É verdade que com estes miúdos se aprendem lições extraordinárias, se vivem histórias incomparáveis e sinceramente, estes três turnos foram realmente marcantes, inigualáveis. Acho que, a meu ver um estágio deste género era indispensável no curso. Não quero dizer que toda a gente deve-se vir para uma pediatria, percebo e agora ainda mais que exista quem não consiga passar por um serviço assim, não que eu seja melhor ou pior que alguém, até porque eu próprio ainda estou no inicio e a exigência é e será sempre grande tanto pelas situações, pela teoria, pela enfermeira e por mim também, que muito de mim exijo mas tem de ser assim, mas sim porque, como eu tenho e assumo, pontos fracos e não conseguiria passar por alguns serviços, percebo que nem toda a gente conseguisse passar por um serviço como este da pediatria oncológica.

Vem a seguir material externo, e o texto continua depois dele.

-- ===== src/Agent/Handler/Replies.antt =====
-- The replies to requests.
use pageant.Base.{
  ℕ, ◌-◌, false, ◌≡◌, refl, ap, ◌∙◌, List, [], ◌∷◌, arith, ltb, ◌==◌, length, drop, Bool-cases, inl,
  inr, ◌⊎◌,
}
use pageant.Word32.{get_32bit_msb_first}
use pageant.Agent.Action.{Result, ok, failed, fault}
use pageant.Agent.Keys.{Algorithms}
use pageant.Agent.Store.{expire}
use pageant.Agent.Handler.{
  agent_max_msglen, ssh_agent_failure, kind_of, Server, Surroundings, pageant_failure_msg,
  short_reply, or_failure, check_length, handle_msg, pageant_handle_msg,
}
use pageant.Agent.Handler.Outcome.{
  IsReply, reply_type, Kept, Outcome, replied, refused, faulted, put-IsReply,
}
use pageant.Agent.Handler.Cases.{kind-Outcome}

-- What the whole handler may come to: a good reply or a fault, no longer a failure.
pub data Answered {algs : Algorithms} (now : ℕ) (s : Server algs)
    : Result (List ℕ) × Server algs → Type 0 where
  answered :
      {reply : List ℕ} {t : Server algs}
      → IsReply reply
      → (reply_type reply ≡ ssh_agent_failure → Kept now s t)
      → Answered now s (ok reply, t)
  crashed : {t : Server algs} → Answered now s (fault, t)

module _ {algs : Algorithms} (env : Surroundings algs) (s : Server algs) where
  failure-Answered :
      (t : Server algs)
      → Kept env.now s t
      → Answered env.now s (ok (short_reply ssh_agent_failure), t)
  unfolding short_reply
  failure-Answered t kept = answered (put-IsReply ssh_agent_failure [] (omega arith)) (λ c. kept)

  -- Whatever a case comes to, the handler makes an answer of it.
  answer :
      (r : Result (List ℕ) × Server algs)
      → Outcome env.now s r
      → Answered env.now s (or_failure r.0, r.1)
  unfolding or_failure
  answer (ok reply, t) (replied g h) = answered g h
  answer (failed, t) (refused kept) = failure-Answered t kept
  answer (fault, t) faulted = crashed

  handle_msg-Answered :
      (msglen : ℕ) (mem : List ℕ) → Answered env.now s (handle_msg env msglen mem s)
  unfolding handle_msg
  handle_msg-Answered msglen [] = elim (Bool-cases (msglen == 0)) [
    | inl e ↦ rw e (failure-Answered s (inl refl))
    | inr e ↦ rw e crashed
  ]
  handle_msg-Answered msglen (type ∷ mem) = elim (Bool-cases (msglen == 0)) [
    | inl e ↦ rw e (failure-Answered s (inl refl))
    | inr e ↦ rw e (answer _ (kind-Outcome env s (kind_of type) (msglen - 1) mem))
  ]

  -- The check of the length finds nothing: no reply is too long.
  check :
      (r : Result (List ℕ) × Server algs)
      → Answered env.now s r
      → Answered env.now s (check_length r.0, r.1)
  unfolding check_length
  check (ok reply, t) (answered g h) =
      let f = g.fits in
      let e : ltb agent_max_msglen (length reply) ≡ false = ground (arith, f) in rw e (answered g h)
  check (failed, t) x = elim x [ ]
  check (fault, t) crashed = crashed

  pageant_handle_msg-Answered :
      (request_len : ℕ) (mem : List ℕ)
      → Answered env.now s (pageant_handle_msg env request_len mem s)
  unfolding pageant_handle_msg pageant_failure_msg short_reply
  pageant_handle_msg-Answered request_len mem =
      let msglen = get_32bit_msb_first mem in
      elim (Bool-cases (ltb agent_max_msglen request_len)) [
        | inl e ↦ rw e (failure-Answered s (inl refl))
        | inr e ↦ elim (Bool-cases (ltb (length mem) 4)) [
          | inl f ↦ rw (e, f) crashed
          | inr f ↦ elim (Bool-cases (ltb agent_max_msglen msglen)) [
            | inl g ↦ rw (e, f, g) (failure-Answered s (inl refl))
            | inr g ↦ rw (e, f, g) (check _ (handle_msg-Answered msglen (drop 4 mem)))
          ]
        ]
      ]

  Answered-IsReply :
      (r : Result (List ℕ) × Server algs)
      → Answered env.now s r
      → (r.0 ≡ fault) ⊎ ((reply : List ℕ) × (r.0 ≡ ok reply) × IsReply reply)
  Answered-IsReply (ok reply, t) (answered g h) = inr (reply, refl, g)
  Answered-IsReply (failed, t) x = elim x [ ]
  Answered-IsReply (fault, t) crashed = inl refl

  Answered-Kept :
      (r : Result (List ℕ) × Server algs) (reply : List ℕ)
      → Answered env.now s r
      → r.0 ≡ ok reply
      → reply_type reply ≡ ssh_agent_failure
      → Kept env.now s r.1
  Answered-Kept (ok given, t) reply (answered g h) e c =
      let same : given ≡ reply = ground (arith, e) in h (ap reply_type same ∙ c)
  Answered-Kept (failed, t) reply x e c = elim x [ ]
  Answered-Kept (fault, t) reply crashed e c = cc

  -- A request of any bytes that does not end in a fault gets a reply, whose length word is the
  -- number of bytes behind it, which has a type code, and which is at most AGENT_MAX_MSGLEN bytes
  -- long.
  pub pageant_handle_msg-IsReply :
      (request_len : ℕ) (mem : List ℕ)
      → ((pageant_handle_msg env request_len mem s).0 ≡ fault)
        ⊎ ((reply : List ℕ) × ((pageant_handle_msg env request_len mem s).0 ≡ ok reply)
            × IsReply reply)
  pageant_handle_msg-IsReply request_len mem =
      Answered-IsReply _ (pageant_handle_msg-Answered request_len mem)

  -- A request that is answered with SSH_AGENT_FAILURE leaves the list of keys as it was, or less
  -- the keys that have expired.
  pub failure-Kept :
      (request_len : ℕ) (mem reply : List ℕ)
      → (pageant_handle_msg env request_len mem s).0 ≡ ok reply
      → reply_type reply ≡ ssh_agent_failure
      → ((pageant_handle_msg env request_len mem s).1.keys ≡ s.keys)
        ⊎ ((pageant_handle_msg env request_len mem s).1.keys ≡ expire env.now s.keys)
  failure-Kept request_len mem reply =
      Answered-Kept _ reply (pageant_handle_msg-Answered request_len mem)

Sinto-me ainda muito perdido, sem uma direcção específica, pois é muita coisa a acontecer, muito para assimilar e parece nunca haver tempo suficiente para tal. De qualquer forma, quero muito, muito mesmo aprender mais, quero crescer e continuar a ver e aprender com aquelas lições de vida dadas por gente de palmo e meio e outros maiores que eu até, mas que tanto têm para dar. É realmente o serviço ideal e que me faltava para colmatar o que me faltava neste curso até ao momento, como profissional e, sem dúvida, como pessoa.

1 comentário:

  1. Sabes porque?
    Porque as crianças sabem ver nos olhos das pessoas quem elas são, atravez dos gestos dos sorrisos. E sabem sempre retribuir tudo aquilo que fazemos po elas.